- Leader: Antonio Satta
- Secretary: Antonio Gaia
- Founded: 2009
- Split from: Union of Democrats for Europe
- Ideology: Christian democracy
- Political position: Centre
- National affiliation: Centre-left coalition
- Chamber of Deputies: 0 / 400
- Senate: 0 / 200
- European Parliament: 0 / 76
- Regional Council of Sardinia: 0 / 60

= Christian Popular Union =

The Christian Popular Union (Unione Popolare Cristiana, UPC) is a Christian-democratic political party in Italy.

==History==
The UPC was launched in August 2009 by Antonio Satta, a former Christian Democrat who had been the regional leader of the Union of Democrats for Europe (UDEUR) and, later, of the Sardinian Autonomist Populars. The party was based and had its best electoral results in Sardinia, but had a structure countrywide, consisting primarily of former members of the UDEUR, notably including Gianfranco Saraca, Luca Bagliani, Danilo Bertoli, Sergio Deorsola, and Antonio Potenza (leader of Basilicata's United Populars).

In the 2010 Sardinian provincial elections the party did especially well in northern Sardinia: 10.7% in Sassari and 6.2% in Olbia-Tempio. Massimo Mulas, a regional councillor elected with the Union of Sardinians in the 2009 regional election, joined the party during the legislature. In June 2012, through Mulas, the UPC joined the newly formed parliamentary group Sardinia Tomorrow, along with other centrist councillors.

In the 2014 regional election the party won 1.7% of the vote and one regional councillor, Gaetano Ledda.
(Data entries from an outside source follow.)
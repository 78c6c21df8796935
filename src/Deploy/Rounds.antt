-- ===== src/Deploy/Rounds.antt =====
-- The tasks of a deployment job all end, whatever the nodes answer.
use mathlib.Core.Path.{subst}
use mathlib.Core.List.{append_assoc}
use esos_webui.Common.{
  All, Bool, List, String, [], arith, refl, some, suc, sym, zero, ℕ, ◌++◌, ◌+◌, ◌∷◌, ◌≡◌, ◌≤◌,
}
use esos_webui.Cluster.{SanRow}
use esos_webui.Deploy.Types.{DeploymentBinary, JobStatus, TargetRow, Tables}
use esos_webui.Deploy.Tables.{update_job_status}
use esos_webui.Deploy.Runner.{
  Phase, connecting, locating, transferring, verifying, installing, ended, Answer, Moment, resume,
}
use esos_webui.Deploy.Jobs.{
  Task, begin_all, running, begin_job, Advance, here, there, Runs, started, answered, progressed,
  result_of, results,
}
use esos_webui.Deploy.Ended.{job_targets, begin_job-running}
use esos_webui.Deploy.Ending.{work, work-resume, work-begin}

-- What a task takes in one round: an answer to what it waits for, and nothing once it has ended.
abbrev pub RoundAnswer : Phase → Type 0
RoundAnswer connecting = Answer connecting
RoundAnswer (locating path) = Answer (locating path)
RoundAnswer (transferring path) = Answer (transferring path)
RoundAnswer (verifying path) = Answer (verifying path)
RoundAnswer (installing kind command rest) = Answer (installing kind command rest)
RoundAnswer (ended ok) = Unit {0}

-- How the nodes answer: by the number of rounds to come, the tables, the target and what its task
-- waits for.
abbrev pub Answers : Type 0
Answers = ℕ → Tables → String → (p : Phase) → Moment × RoundAnswer p

module _ (binary : DeploymentBinary) where
  unfoldable pub take_answer :
      String → (p : Phase) → Moment × RoundAnswer p → Tables → Tables × Phase
  take_answer id connecting (at, a) db = resume binary id at connecting a db
  take_answer id (locating path) (at, a) db = resume binary id at (locating path) a db
  take_answer id (transferring path) (at, a) db = resume binary id at (transferring path) a db
  take_answer id (verifying path) (at, a) db = resume binary id at (verifying path) a db
  take_answer id (installing kind command rest) (at, a) db =
      resume binary id at (installing kind command rest) a db
  take_answer id (ended ok) (at, a) db = (db, ended ok)

  module _ (answers : Answers) where
    -- One round: every task that has not ended takes one answer.
    unfoldable pub round : ℕ → Tables → List Task → Tables × List Task
    unfolding take_answer
    round k db [] = (db, [])
    round k db (t ∷ ts) =
        let (db', p) = take_answer t.target_id t.phase (answers k db t.target_id t.phase) db in
        let (db'', ts') = round k db' ts in
        (db'', record { target_id = t.target_id; phase = p } ∷ ts')

    unfoldable pub rounds : ℕ → Tables → List Task → Tables × List Task
    unfolding round
    rounds zero db ts = (db, ts)
    rounds (suc k) db ts = let (db', ts') = round k db ts in rounds k db' ts'

  -- No task has more than `k` answers to come.
  abbrev AtMost : ℕ → List Task → Type 0
  AtMost k ts = All (λ t. work t.phase ≤ k) ts

  take_answer-work :
      (id : String) (p : Phase) (a : Moment × RoundAnswer p) (db : Tables) (k : ℕ)
      → work p ≤ suc k
      → work (take_answer id p a db).1 ≤ k
  unfolding take_answer
  take_answer-work id connecting (at, a) db k h =
      omega (arith, work-resume binary id at connecting a db)
  take_answer-work id (locating path) (at, a) db k h =
      omega (arith, work-resume binary id at (locating path) a db)
  take_answer-work id (transferring path) (at, a) db k h =
      omega (arith, work-resume binary id at (transferring path) a db)
  take_answer-work id (verifying path) (at, a) db k h =
      omega (arith, work-resume binary id at (verifying path) a db)
  take_answer-work id (installing kind command rest) (at, a) db k h =
      omega (arith, work-resume binary id at (installing kind command rest) a db)
  take_answer-work id (ended ok) (at, a) db k h = omega arith

  Advance-before :
      (done : List Task) {db db' : Tables} {ts ts' : List Task}
      → Advance binary db ts db' ts'
      → Advance binary db (done ++ ts) db' (done ++ ts')
  Advance-before [] step = step
  Advance-before (t ∷ done) step = there t (Advance-before done step)

  -- A run goes on with an answer to one task, if it has not ended.
  take_answer-Runs :
      (id : String) (p : Phase) (a : Moment × RoundAnswer p) (db db0 : Tables)
      (ts0 done ts : List Task) (n : ℕ)
      → Runs binary db0 ts0 n db (done ++ (record { target_id = id; phase = p } ∷ ts))
      → (m : ℕ) × Runs binary db0 ts0 m
          (take_answer id p a db).0
          (done ++ (record { target_id = id; phase = (take_answer id p a db).1 } ∷ ts))
  unfolding take_answer
  take_answer-Runs id connecting (at, a) db db0 ts0 done ts n run =
      (n + 1, answered run (Advance-before done (here id connecting at a)))
  take_answer-Runs id (locating path) (at, a) db db0 ts0 done ts n run =
      (n + 1, answered run (Advance-before done (here id (locating path) at a)))
  take_answer-Runs id (transferring path) (at, a) db db0 ts0 done ts n run =
      (n + 1, answered run (Advance-before done (here id (transferring path) at a)))
  take_answer-Runs id (verifying path) (at, a) db db0 ts0 done ts n run =
      (n + 1, answered run (Advance-before done (here id (verifying path) at a)))
  take_answer-Runs id (installing kind command rest) (at, a) db db0 ts0 done ts n run =
      (n + 1, answered run (Advance-before done (here id (installing kind command rest) at a)))
  take_answer-Runs id (ended ok) (at, a) db db0 ts0 done ts n run = (n, run)

  module _ (answers : Answers) where
    round-AtMost :
        (k j : ℕ) (db : Tables) (ts : List Task)
        → AtMost (suc j) ts
        → AtMost j (round answers k db ts).1
    unfolding round
    round-AtMost k j db [] h = tt
    round-AtMost k j db (t ∷ ts) (h, hs) = (
      take_answer-work t.target_id t.phase (answers k db t.target_id t.phase) db j h,
      round-AtMost k j (take_answer t.target_id t.phase (answers k db t.target_id t.phase) db).0 ts
          hs,
    )

    round-Runs :
        (k : ℕ) (db db0 : Tables) (ts0 done ts : List Task) (n : ℕ)
        → Runs binary db0 ts0 n db (done ++ ts)
        → (m : ℕ) × Runs binary db0 ts0 m
            (round answers k db ts).0
            (done ++ (round answers k db ts).1)
    unfolding round
    round-Runs k db db0 ts0 done [] n run = (n, run)
    round-Runs k db db0 ts0 done (t ∷ ts) n run =
        let a = answers k db t.target_id t.phase in
        let after = take_answer t.target_id t.phase a db in
        let now : Task = record { target_id = t.target_id; phase = after.1 } in
        let (m, run') = take_answer-Runs t.target_id t.phase a db db0 ts0 done ts n run in
        let (m', run'') = round-Runs k after.0 db0 ts0 (done ++ (now ∷ [])) ts m (
          subst (λ l. Runs binary db0 ts0 m after.0 l) (sym (append_assoc done (now ∷ []) ts))
            run') in
        (
          m',
          subst (λ l. Runs binary db0 ts0 m' (round answers k after.0 ts).0 l)
              (append_assoc done (now ∷ []) (round answers k after.0 ts).1) run'',
        )

    rounds-AtMost :
        (k : ℕ) (db : Tables) (ts : List Task) → AtMost k ts → AtMost 0 (rounds answers k db ts).1
    unfolding rounds
    rounds-AtMost zero db ts h = h
    rounds-AtMost (suc k) db ts h = rounds-AtMost k _ _ (round-AtMost k k db ts h)

    rounds-Runs :
        (k : ℕ) (db db0 : Tables) (ts0 ts : List Task) (n : ℕ)
        → Runs binary db0 ts0 n db ts
        → (m : ℕ) × Runs binary db0 ts0 m (rounds answers k db ts).0 (rounds answers k db ts).1
    unfolding rounds
    rounds-Runs zero db db0 ts0 ts n run = (n, run)
    rounds-Runs (suc k) db db0 ts0 ts n run =
        let (m, run') = round-Runs k db db0 ts0 [] ts n run in rounds-Runs k _ db0 ts0 _ m run'

  result_of-idle : (p : Phase) → work p ≤ 0 → (ok : Bool) × (result_of p ≡ some ok)
  unfolding result_of
  result_of-idle connecting h = absurd (omega arith)
  result_of-idle (locating path) h = absurd (omega arith)
  result_of-idle (transferring path) h = absurd (omega arith)
  result_of-idle (verifying path) h = absurd (omega arith)
  result_of-idle (installing kind command rest) h = absurd (omega arith)
  result_of-idle (ended ok) h = (ok, refl)

  results-idle : (ts : List Task) → AtMost 0 ts → (oks : List Bool) × (results ts ≡ some oks)
  unfolding results
  results-idle [] h = ([], refl)
  results-idle (t ∷ ts) (h, hs) =
      let (ok, e) = result_of-idle t.phase h in
      let (oks, es) = results-idle ts hs in (ok ∷ oks, rw (results, e, es) refl)

  Advance-AtMost :
      {db db' : Tables} {ts ts' : List Task}
      → Advance binary db ts db' ts'
      → AtMost 9 ts
      → AtMost 9 ts'
  Advance-AtMost (here {db} id p at a) (h, hs) =
      (omega (arith, work-resume binary id at p a db), hs)
  Advance-AtMost (there t step) (h, hs) = (h, Advance-AtMost step hs)

  Runs-AtMost :
      {db : Tables} {ts : List Task} {n : ℕ} {db' : Tables} {ts' : List Task}
      → Runs binary db ts n db' ts'
      → AtMost 9 ts
      → AtMost 9 ts'
  Runs-AtMost started h = h
  Runs-AtMost (answered run step) h = Advance-AtMost step (Runs-AtMost run h)
  Runs-AtMost (progressed id done total run) h = Runs-AtMost run h

  begin_all-AtMost :
      (at : Moment) (sans : List SanRow) (rs : List TargetRow) (db : Tables)
      → AtMost 9 (begin_all binary at sans rs db).1
  unfolding begin_all
  begin_all-AtMost at sans [] db = tt
  begin_all-AtMost at sans (r ∷ rs) db =
      (work-begin binary r.id at sans r.san_id db, begin_all-AtMost at sans rs _)

-- From every state that a job reaches, nine rounds in which every task that has not ended takes one
-- answer, whatever the answers are, are a run of the job after which all its tasks have ended.
pub rounds_complete :
    (at : Moment) (sans : List SanRow) (job_id : String) (db : Tables) (binary : DeploymentBinary)
    (db1 : Tables) (tasks : List Task)
    → begin_job at sans job_id db ≡ running binary db1 tasks
    → (n : ℕ) (db2 : Tables) (ts : List Task) → Runs binary db1 tasks n db2 ts
    → (answers : Answers)
    → let (db3, ts3) = rounds binary answers 9 db2 ts in
      ((m : ℕ) × Runs binary db1 tasks m db3 ts3) × ((oks : List Bool) × (results ts3 ≡ some oks))
rounds_complete at sans job_id db binary db1 tasks begun n db2 ts run answers =
    let (old, stands, all_begun) = begin_job-running at sans job_id db binary db1 tasks begun in
    let rows = job_targets job_id db in
    let marked = update_job_status at.now job_id JobStatus.running db in
    let first =
      subst (λ r. All (λ t. work t.phase ≤ 9) r.1) all_begun
        (begin_all-AtMost binary at sans rows marked) in
    (
      rounds-Runs binary answers 9 db2 db1 tasks ts n run,
      results-idle binary (rounds binary answers 9 db2 ts).1
          (rounds-AtMost binary answers 9 db2 ts (Runs-AtMost binary run first)),
    )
In 2015 the Council of State reassessed the composition of the Regional Council and two more UPC members, Antonio Gaia and Piefranco Zanchetta, gained seats. A month before, however, Ledda had left the party and joined The Base Sardinia.

In the run-up of the 2018 general election the UPC joined the Popular Civic List (CP), a centrist electoral list within the centre-left coalition, comprising mainly Popular Alternative (AP), Italy of Values (IdV), the Centrists for Europe (CpE), Solidary Democracy (DemoS), the Union for Trentino (UpT) and Italy Is Popular (IP). CP obtained a mere 0.5% and no seats.

In the 2019 regional election the party won 1.5% of the vote and no seats in a joint list with the Italian Socialist Party.

In the 2024 regional election the party was a junior partner of a joint list formed primarily by Action and More Europe.

== Leadership ==
- Secretary: Antonio Satta (2009–2020 ca.)
- President: Gianfranco Saraca (2009–2014)
- Regional secretary (Sardinia): Enrico Piras (2009–2014), Antonio Satta (2014–2020 ca.)